*INSTRUCTIONS FOR THE TASK*. Your task is to write out the full listing once more, exactly.

*PROVIDED INFORMATION*.
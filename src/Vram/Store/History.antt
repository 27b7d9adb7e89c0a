-- ===== src/Vram/Store/History.antt =====
-- What the file of `VramFactsStore` holds after a history of records, with writes that may fail.
use vvz_lmrs.Prelude.{
  All, subst, sym, ◌∙◌, ◌≡◌, refl, Bool, true, false, not, ◌&&◌, some, String, List, [], ◌∷◌,
  if_case,
}
use vvz_lmrs.Prelude.Int.{ℤ}
use vvz_lmrs.Prelude.Dict.{Dict, lookup, lookup-insert}
use vvz_lmrs.Prelude.Value.{Value}
use vvz_lmrs.Vram.Store.{
  static_facts, GpuMemoryMeasurement, StoredFile, WriteOutcome, written, refused, torn, read, write,
  is_false, baseline_facts, loaded_facts, record_service_baseline, record_model_loaded,
}
use vvz_lmrs.Vram.Store.Honest.{
  IsHonest, unknown, baseline-IsHonest, loaded-IsHonest, lookup-static_facts_other,
}

-- One record on the store, and the answer of the operating system to its write.
pub data Entry : Type 0 where
  baseline : GpuMemoryMeasurement → List String → Bool → WriteOutcome → Entry
  loaded : String → GpuMemoryMeasurement → String → String → WriteOutcome → Entry

unfoldable pub after_entry : Entry → StoredFile → StoredFile
after_entry (Entry.baseline m services served outcome) file =
    (record_service_baseline m services served outcome file).1
after_entry (Entry.loaded model m backend quantization outcome) file =
    (record_model_loaded model m backend quantization outcome file).1

unfoldable pub replay : List Entry → StoredFile → StoredFile
unfolding after_entry
replay [] file = file
replay (e ∷ es) file = replay es (after_entry e file)

write-IsHonest :
    (outcome : WriteOutcome) (facts : Dict Value) (file : StoredFile)
    → IsHonest facts
    → IsHonest (read file)
    → IsHonest (read (write outcome facts file).1)
unfolding read write
write-IsHonest written facts file h k = h
write-IsHonest (refused e) facts file h k = k
write-IsHonest (torn e) facts file h k = unfold lookup in unknown

abbrev HonestAfter : Dict Value × StoredFile → Type 0
HonestAfter r = IsHonest (read r.1)

module _ (m : GpuMemoryMeasurement) (outcome : WriteOutcome) (file : StoredFile) where
  after_baseline-IsHonest :
      (services : List String) (served : Bool)
      → IsHonest (read file)
      → IsHonest (read (record_service_baseline m services served outcome file).1)
  unfolding record_service_baseline
  after_baseline-IsHonest services served h =
      if_case HonestAfter (not m.is_ok) (λ _. h)
        (λ _.
          if_case HonestAfter (served && is_false (lookup "baseline_model_served" (read file)))
            (λ _. h)
            (λ free.
              write-IsHonest outcome (baseline_facts m services served (read file)) file
                (baseline-IsHonest m services served (read file) h free) h))

  after_loaded-IsHonest :
      (model backend quantization : String)
      → IsHonest (read file)
      → IsHonest (read (record_model_loaded model m backend quantization outcome file).1)
  unfolding record_model_loaded
  after_loaded-IsHonest model backend quantization h =
      if_case HonestAfter (not m.is_ok) (λ _. h)
        (λ _.
          write-IsHonest outcome _ file (loaded-IsHonest model m backend quantization (read file) h)
            h)

after_entry-IsHonest :
    (e : Entry) (file : StoredFile) → IsHonest (read file) → IsHonest (read (after_entry e file))
unfolding after_entry
after_entry-IsHonest (Entry.baseline m services served outcome) file h =
    after_baseline-IsHonest m outcome file services served h
after_entry-IsHonest (Entry.loaded model m backend quantization outcome) file h =
    after_loaded-IsHonest m outcome file model backend quantization h

-- From a file that is honest, no history of service baselines and model loads, with writes that are
-- refused or torn at any point, leaves a file that is not: a stored static figure is never negative
-- and always stands beside a baseline that is flagged as measured with no model served.
pub replay-IsHonest :
    (entries : List Entry) (file : StoredFile)
    → IsHonest (read file)
    → IsHonest (read (replay entries file))
unfolding replay
replay-IsHonest [] file h = h
replay-IsHonest (e ∷ es) file h =
    replay-IsHonest es (after_entry e file) (after_entry-IsHonest e file h)

baseline_kept :
    (m : GpuMemoryMeasurement) (services : List String) (outcome : WriteOutcome) (file : StoredFile)
    → lookup "baseline_model_served" (read file) ≡ some (Value.bool false)
    → record_service_baseline m services true outcome file ≡ (read file, file)
unfolding record_service_baseline is_false
baseline_kept m services outcome file h =
    if_case (λ r. r ≡ (read file, file)) (not m.is_ok) (λ _. refl) (λ _. rw h)

-- A write that does not lose the old text.
abbrev pub keeps_text : WriteOutcome → Bool
keeps_text written = true
keeps_text (refused e) = true
keeps_text (torn e) = false

-- An entry that a running model may cause: a baseline measured while it is served, or a load whose
-- write does not lose the old text.
abbrev pub IsRunning : Entry → Type 0
IsRunning (Entry.baseline m services served outcome) = served ≡ true
IsRunning (Entry.loaded model m backend quantization outcome) = keeps_text outcome ≡ true

-- A mapping that holds the baseline `b`, measured with no model served.
abbrev pub HoldsBaseline : ℤ → Dict Value → Type 0
HoldsBaseline b facts =
    (lookup "baseline_model_served" facts ≡ some (Value.bool false))
    × (lookup "service_baseline_free_vram_bytes" facts ≡ some (Value.int b))

write-HoldsBaseline :
    (outcome : WriteOutcome) (b : ℤ) (facts : Dict Value) (file : StoredFile)
    → keeps_text outcome ≡ true
    → HoldsBaseline b facts
    → HoldsBaseline b (read file)
    → HoldsBaseline b (read (write outcome facts file).1)
unfolding read write
write-HoldsBaseline written b facts file whole h k = h
write-HoldsBaseline (refused e) b facts file whole h k = k
write-HoldsBaseline (torn e) b facts file whole h k = cc

loaded-HoldsBaseline :
    (model : String) (m : GpuMemoryMeasurement) (backend quantization : String) (b : ℤ)
    (facts : Dict Value)
    → HoldsBaseline b facts
    → HoldsBaseline b (static_facts m.free_bytes (loaded_facts model m backend quantization facts))
unfolding loaded_facts
loaded-HoldsBaseline model m backend quantization b facts h =
    let stored = loaded_facts model m backend quantization facts in
    (
      lookup-static_facts_other "baseline_model_served" (refl, refl) m.free_bytes stored
          ∙ simp (lookup-insert, h.0),
      lookup-static_facts_other "service_baseline_free_vram_bytes" (refl, refl) m.free_bytes stored
          ∙ simp (lookup-insert, h.1),
    )

after_entry-HoldsBaseline :
    (e : Entry) (b : ℤ) (file : StoredFile)
    → IsRunning e
    → HoldsBaseline b (read file)
    → HoldsBaseline b (read (after_entry e file))
unfolding after_entry record_model_loaded
after_entry-HoldsBaseline (Entry.baseline m services served outcome) b file running h =
    let kept : record_service_baseline m services served outcome file ≡ (read file, file) =
      subst (λ served. record_service_baseline m services served outcome file ≡ (read file, file))
        (sym running) (baseline_kept m services outcome file h.0) in
    subst (λ r. HoldsBaseline b (read r.1)) (sym kept) h
after_entry-HoldsBaseline (Entry.loaded model m backend quantization outcome) b file running h =
    if_case (λ (r : Dict Value × StoredFile). HoldsBaseline b (read r.1)) (not m.is_ok) (λ _. h)
      (λ _.
        write-HoldsBaseline outcome b _ file running
          (loaded-HoldsBaseline model m backend quantization b (read file) h) h)

-- A baseline that was measured with no model served survives every history of readings that are
-- taken while a model is served and of model loads whose write does not lose the old text.
pub replay_keeps_baseline :
    (entries : List Entry) (b : ℤ) (file : StoredFile)
    → All IsRunning entries
    → HoldsBaseline b (read file)
    → HoldsBaseline b (read (replay entries file))
unfolding replay
replay_keeps_baseline [] b file running h = h
replay_keeps_baseline (e ∷ es) b file running h =
    replay_keeps_baseline es b (after_entry e file) running.1
      (after_entry-HoldsBaseline e b file running.0 h)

*EXERCISE SOLUTION*.
filename src/Vram/Store/History.antt
repository 27b7d9adb7e89c0a
-- ===== src/Vram/Store/History.antt =====
-- What the file of `VramFactsStore` holds after a history of records, with writes that may fail.
use vvz_lmrs.Prelude.{
  All, subst, sym, ◌∙◌, ◌≡◌, refl, Bool, true, false, not, ◌&&◌, some, String, List, [], ◌∷◌,
  if_case,
}
use vvz_lmrs.Prelude.Int.{ℤ}
use vvz_lmrs.Prelude.Dict.{Dict, lookup, lookup-insert}
use vvz_lmrs.Prelude.Value.{Value}
use vvz_lmrs.Vram.Store.{
  static_facts, GpuMemoryMeasurement, StoredFile, WriteOutcome, written, refused, torn, read, write,
  is_false, baseline_facts, loaded_facts, record_service_baseline, record_model_loaded,
}
use vvz_lmrs.Vram.Store.Honest.{
  IsHonest, unknown, baseline-IsHonest, loaded-IsHonest, lookup-static_facts_other,
}

-- One record on the store, and the answer of the operating system to its write.
pub data Entry : Type 0 where
  baseline : GpuMemoryMeasurement → List String → Bool → WriteOutcome → Entry
  loaded : String → GpuMemoryMeasurement → String → String → WriteOutcome → Entry

unfoldable pub after_entry : Entry → StoredFile → StoredFile
after_entry (Entry.baseline m services served outcome) file =
    (record_service_baseline m services served outcome file).1
after_entry (Entry.loaded model m backend quantization outcome) file =
    (record_model_loaded model m backend quantization outcome file).1

unfoldable pub replay : List Entry → StoredFile → StoredFile
unfolding after_entry
replay [] file = file
replay (e ∷ es) file = replay es (after_entry e file)

write-IsHonest :
    (outcome : WriteOutcome) (facts : Dict Value) (file : StoredFile)
    → IsHonest facts
    → IsHonest (read file)
    → IsHonest (read (write outcome facts file).1)
unfolding read write
write-IsHonest written facts file h k = h
write-IsHonest (refused e) facts file h k = k
write-IsHonest (torn e) facts file h k = unfold lookup in unknown

abbrev HonestAfter : Dict Value × StoredFile → Type 0
HonestAfter r = IsHonest (read r.1)

module _ (m : GpuMemoryMeasurement) (outcome : WriteOutcome) (file : StoredFile) where
  after_baseline-IsHonest :
      (services : List String) (served : Bool)
      → IsHonest (read file)
      → IsHonest (read (record_service_baseline m services served outcome file).1)
  unfolding record_service_baseline
  after_baseline-IsHonest services served h =
      if_case HonestAfter (not m.is_ok) (λ _. h)
        (λ _.
          if_case HonestAfter (served && is_false (lookup "baseline_model_served" (read file)))
            (λ _. h)
            (λ free.
              write-IsHonest outcome (baseline_facts m services served (read file)) file
                (baseline-IsHonest m services served (read file) h free) h))

  after_loaded-IsHonest :
      (model backend quantization : String)
      → IsHonest (read file)
      → IsHonest (read (record_model_loaded model m backend quantization outcome file).1)
  unfolding record_model_loaded
  after_loaded-IsHonest model backend quantization h =
      if_case HonestAfter (not m.is_ok) (λ _. h)
        (λ _.
          write-IsHonest outcome _ file (loaded-IsHonest model m backend quantization (read file) h)
            h)

after_entry-IsHonest :
    (e : Entry) (file : StoredFile) → IsHonest (read file) → IsHonest (read (after_entry e file))
unfolding after_entry
after_entry-IsHonest (Entry.baseline m services served outcome) file h =
    after_baseline-IsHonest m outcome file services served h
after_entry-IsHonest (Entry.loaded model m backend quantization outcome) file h =
    after_loaded-IsHonest m outcome file model backend quantization h

-- From a file that is honest, no history of service baselines and model loads, with writes that are
-- refused or torn at any point, leaves a file that is not: a stored static figure is never negative
-- and always stands beside a baseline that is flagged as measured with no model served.
pub replay-IsHonest :
    (entries : List Entry) (file : StoredFile)
    → IsHonest (read file)
    → IsHonest (read (replay entries file))
unfolding replay
replay-IsHonest [] file h = h
replay-IsHonest (e ∷ es) file h =
    replay-IsHonest es (after_entry e file) (after_entry-IsHonest e file h)

baseline_kept :
    (m : GpuMemoryMeasurement) (services : List String) (outcome : WriteOutcome) (file : StoredFile)
    → lookup "baseline_model_served" (read file) ≡ some (Value.bool false)
    → record_service_baseline m services true outcome file ≡ (read file, file)
unfolding record_service_baseline is_false
baseline_kept m services outcome file h =
    if_case (λ r. r ≡ (read file, file)) (not m.is_ok) (λ _. refl) (λ _. rw h)

-- A write that does not lose the old text.
abbrev pub keeps_text : WriteOutcome → Bool
keeps_text written = true
keeps_text (refused e) = true
keeps_text (torn e) = false

-- An entry that a running model may cause: a baseline measured while it is served, or a load whose
-- write does not lose the old text.
abbrev pub IsRunning : Entry → Type 0
IsRunning (Entry.baseline m services served outcome) = served ≡ true
IsRunning (Entry.loaded model m backend quantization outcome) = keeps_text outcome ≡ true

-- A mapping that holds the baseline `b`, measured with no model served.
abbrev pub HoldsBaseline : ℤ → Dict Value → Type 0
HoldsBaseline b facts =
    (lookup "baseline_model_served" facts ≡ some (Value.bool false))
    × (lookup "service_baseline_free_vram_bytes" facts ≡ some (Value.int b))

write-HoldsBaseline :
    (outcome : WriteOutcome) (b : ℤ) (facts : Dict Value) (file : StoredFile)
    → keeps_text outcome ≡ true
    → HoldsBaseline b facts
    → HoldsBaseline b (read file)
    → HoldsBaseline b (read (write outcome facts file).1)
unfolding read write
write-HoldsBaseline written b facts file whole h k = h
write-HoldsBaseline (refused e) b facts file whole h k = k
write-HoldsBaseline (torn e) b facts file whole h k = cc

loaded-HoldsBaseline :
    (model : String) (m : GpuMemoryMeasurement) (backend quantization : String) (b : ℤ)
    (facts : Dict Value)
    → HoldsBaseline b facts
    → HoldsBaseline b (static_facts m.free_bytes (loaded_facts model m backend quantization facts))
unfolding loaded_facts
loaded-HoldsBaseline model m backend quantization b facts h =
    let stored = loaded_facts model m backend quantization facts in
    (
      lookup-static_facts_other "baseline_model_served" (refl, refl) m.free_bytes stored
          ∙ simp (lookup-insert, h.0),
      lookup-static_facts_other "service_baseline_free_vram_bytes" (refl, refl) m.free_bytes stored
          ∙ simp (lookup-insert, h.1),
    )

after_entry-HoldsBaseline :
    (e : Entry) (b : ℤ) (file : StoredFile)
    → IsRunning e
    → HoldsBaseline b (read file)
    → HoldsBaseline b (read (after_entry e file))
unfolding after_entry record_model_loaded
after_entry-HoldsBaseline (Entry.baseline m services served outcome) b file running h =
    let kept : record_service_baseline m services served outcome file ≡ (read file, file) =
      subst (λ served. record_service_baseline m services served outcome file ≡ (read file, file))
        (sym running) (baseline_kept m services outcome file h.0) in
    subst (λ r. HoldsBaseline b (read r.1)) (sym kept) h
after_entry-HoldsBaseline (Entry.loaded model m backend quantization outcome) b file running h =
    if_case (λ (r : Dict Value × StoredFile). HoldsBaseline b (read r.1)) (not m.is_ok) (λ _. h)
      (λ _.
        write-HoldsBaseline outcome b _ file running
          (loaded-HoldsBaseline model m backend quantization b (read file) h) h)

-- A baseline that was measured with no model served survives every history of readings that are
-- taken while a model is served and of model loads whose write does not lose the old text.
pub replay_keeps_baseline :
    (entries : List Entry) (b : ℤ) (file : StoredFile)
    → All IsRunning entries
    → HoldsBaseline b (read file)
    → HoldsBaseline b (read (replay entries file))
unfolding replay
replay_keeps_baseline [] b file running h = h
replay_keeps_baseline (e ∷ es) b file running h =
    replay_keeps_baseline es b (after_entry e file) running.1
      (after_entry-HoldsBaseline e b file running.0 h)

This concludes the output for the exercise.